2

I try the code from here Mean by factor by level but it does not work. Here is my situation. From the flights dataset, I want to know the average flight delay of all planes from the carrier UA.

library(nycflights13)
data(flights)
mean(flights$air_time[flights$carrier == "UA"])

But what results is just

[1] NA

What did I do wrong?

Ric S
  • 9,073
  • 3
  • 25
  • 51
duniss
  • 35
  • 3
  • Seems you did nothing wrong, but you can't take the mean if it includes `NA`: `mean(c(1,2,3,NA))` – s_baldur Jun 19 '20 at 09:49
  • 1
    Why are you you extracting `air_time` ? Delay is given by `arr_delay` or `dep_delay` for arrival and departure delay respectively. So you can do `mean(flights$arr_delay[flights$carrier == "UA"], na.rm = TRUE)` Or `mean(flights$dep_delay[flights$carrier == "UA"], na.rm = TRUE)` – Ronak Shah Jun 19 '20 at 09:50
  • @Ronak Shah you are right, thank you. – duniss Jun 19 '20 at 10:16

3 Answers3

2

Since there are missing values (NA) in the dataset, you need to specify the argument na.rm = TRUE within the mean function. Otherwise, if at least one value is NA, the mean function (as well as other functions like sum, min, max, ...) will return NA.
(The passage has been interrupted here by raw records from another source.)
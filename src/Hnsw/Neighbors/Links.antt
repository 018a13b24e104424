-- ===== src/Hnsw/Neighbors/Links.antt =====
-- Writes to the adjacency lists: they keep every node's levels, and a graph stays closed under a
-- list of nodes that reach its level.
use gvector.Prelude.{
  ℕ, zero, suc, ◌≡◌, refl, sym, ap, ◌∙◌, subst, ◌⊎◌, inl, inr, List, [], ◌∷◌, map, arith, leb,
  Bool-cases, length, get_or, set, All, length-set, nat_key, string_key,
}
use gvector.Types.Order.{cand_ord}
use gvector.Order.Sort.{sort}
use gvector.Order.Members.{All-sort}
use gvector.Distance.{F32Ops}
use gvector.Hnsw.{HnswIndex, levels_at, neighbors_at, set_neighbors, vector_at, max_links, cand_at}
use gvector.Hnsw.Layer.Found.{HasLevel, IsClosed}
use gvector.Hnsw.Neighbors.{shrink_links, select_neighbors_heuristic}
use gvector.Hnsw.Neighbors.Select.{select_neighbors-All}

pub All-weaken {ℓ} :
    {A : Type 0} (P Q : A → Type ℓ) (xs : List A) → ((x : A) → P x → Q x) → All P xs → All Q xs
All-weaken P Q [] f h = tt
All-weaken P Q (x ∷ xs) f (h, hs) = (f x h, All-weaken P Q xs f hs)

pub All-cands {ℓ} :
    {A : Type 0} (P : ℕ → Type ℓ) (f : ℕ → A) (g : A → ℕ) (xs : List ℕ)
    → ((x : ℕ) → g (f x) ≡ x)
    → All P xs
    → All (λ c. P (g c)) (map f xs)
All-cands P f g [] e h = tt
All-cands P f g (x ∷ xs) e (h, hs) = (subst P (sym (e x)) h, All-cands P f g xs e hs)

get_or-set_other :
    {A : Type 0} (xs : List A) (i j : ℕ) (v d : A)
    → (get_or (set xs i v) j d ≡ get_or xs j d) ⊎ ((i ≡ j) × (get_or (set xs i v) j d ≡ v))
get_or-set_other [] i j v d = inl refl
get_or-set_other (x ∷ xs) zero zero v d = inr (refl, refl)
get_or-set_other (x ∷ xs) zero (suc j) v d = inl refl
get_or-set_other (x ∷ xs) (suc i) zero v d = inl refl
get_or-set_other (x ∷ xs) (suc i) (suc j) v d = elim (get_or-set_other xs i j v d) [
  | inl e ↦ inl e
  | inr (e, f) ↦ inr (omega arith, f)
]

-- A list that is read after a write is the old one or the one written.
pub neighbors_at-set :
    (links : List (List (List ℕ))) (slot level : ℕ) (list : List ℕ) (s l : ℕ)
    → (neighbors_at (set_neighbors links slot level list) s l ≡ neighbors_at links s l)
      ⊎ ((level ≡ l) × (neighbors_at (set_neighbors links slot level list) s l ≡ list))
unfolding set_neighbors
neighbors_at-set links slot level list s l =
    let row = set (levels_at links slot) level list in
    elim (get_or-set_other links slot s row []) [
      | inl e ↦ inl (ap (λ r. get_or r l []) e)
      | inr (same, e) ↦ elim (get_or-set_other (levels_at links slot) level l list []) [
        | inl f ↦
            inl (ap (λ r. get_or r l []) e ∙ f ∙ ap (λ i. get_or (levels_at links i) l []) same)
        | inr (at, f) ↦ inr (at, ap (λ r. get_or r l []) e ∙ f)
      ]
    ]

-- The number of levels of every node stays.
pub height-set :
    (links : List (List (List ℕ))) (slot level : ℕ) (list : List ℕ) (s : ℕ)
    → length (levels_at (set_neighbors links slot level list) s) ≡ length (levels_at links s)
unfolding set_neighbors
height-set links slot level list s =
    let row = set (levels_at links slot) level list in
    elim (get_or-set_other links slot s row []) [
      | inl e ↦ ap length e
      | inr (same, e) ↦
          ap length e
          ∙ length-set (levels_at links slot) level list
          ∙ ap (λ i. length (levels_at links i)) same
    ]

pub length-set_neighbors :
    (links : List (List (List ℕ))) (slot level : ℕ) (list : List ℕ)
    → length (set_neighbors links slot level list) ≡ length links
unfolding set_neighbors
length-set_neighbors links slot level list =
    length-set links slot (set (levels_at links slot) level list)

-- Two graphs over nodes of the same heights.
abbrev pub SameHeights : List (List (List ℕ)) → List (List (List ℕ)) → Type 0
SameHeights a b = (s : ℕ) → length (levels_at a s) ≡ length (levels_at b s)

pub All-heights :
    (a b : List (List (List ℕ))) (level : ℕ) (xs : List ℕ)
    → SameHeights a b
    → All (HasLevel b level) xs
    → All (HasLevel a level) xs
All-heights a b level xs same h =
    All-weaken (HasLevel b level) (HasLevel a level) xs (λ s p. omega (arith, same s)) h

pub set_neighbors-IsClosed :
    (links : List (List (List ℕ))) (slot level : ℕ) (list : List ℕ)
    → IsClosed links
    → All (HasLevel links level) list
    → IsClosed (set_neighbors links slot level list)
set_neighbors-IsClosed links slot level list closed h s l =
    let new = set_neighbors links slot level list in
    All-heights new links l (neighbors_at new s l) (height-set links slot level list)
      (elim (neighbors_at-set links slot level list s l) [
        | inl e ↦ subst (All (HasLevel links l)) (sym e) (closed s l)
        | inr (at, e) ↦
            subst (All (HasLevel links l)) (sym e) (subst (λ n. All (HasLevel links n) list) at h)
      ])

module _ (ops : F32Ops) {R : Type 0} (idx : HnswIndex R) (node level : ℕ) where
  -- A prune keeps the heights and the graph closed.
  pub shrink_links-IsClosed :
      IsClosed idx.links
      → IsClosed (shrink_links ops idx node level).links
        × SameHeights (shrink_links ops idx node level).links idx.links
        × (length (shrink_links ops idx node level).links ≡ length idx.links)
  unfolding shrink_links
  shrink_links-IsClosed closed =
      let list = neighbors_at idx.links node level in
      let limit = max_links idx level in
      let near = map (cand_at ops idx (vector_at idx node)) list in
      let kept = select_neighbors_heuristic ops idx (sort near) limit in
      let ok_near : All (λ c. HasLevel idx.links level c.slot) near =
        All-cands (HasLevel idx.links level) (cand_at ops idx (vector_at idx node)) (λ c. c.slot)
          list (λ x. refl) (closed node level) in
      let ok_kept =
        select_neighbors-All ops idx limit (HasLevel idx.links level) (sort near)
          (All-sort (λ c. HasLevel idx.links level c.slot) near ok_near) in
      elim (Bool-cases (leb (length list) limit)) [
        | inl q ↦ rw q (closed, (λ s. refl), refl)
        | inr q ↦ rw q (
          set_neighbors-IsClosed idx.links node level kept closed ok_kept,
          height-set idx.links node level kept,
          length-set_neighbors idx.links node level kept,
        )
      ]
mean(flights$air_time[flights$carrier == "UA"], na.rm = TRUE)
# [1] 211.7914
Ric S
  • 9,073
  • 3
  • 25
  • 51
1

If you are looking for the mean time for flights$carrier == "UA", you could try a solution in dplyr by using summarise

This solution takes missing values into account by na.rm=TRUE

library(dplyr)
flights %>% 
  filter(carrier == "UA") %>%
  summarise(., mean(air_time, na.rm=TRUE))
cmirian
  • 2,572
  • 3
  • 19
  • 59
1

As Ric S says, use na.rm = TRUE and keep in mind that when R finds NA values, functions will use it as the main value, so you might have similar problems using many other similar functions such as median, max, min, etc.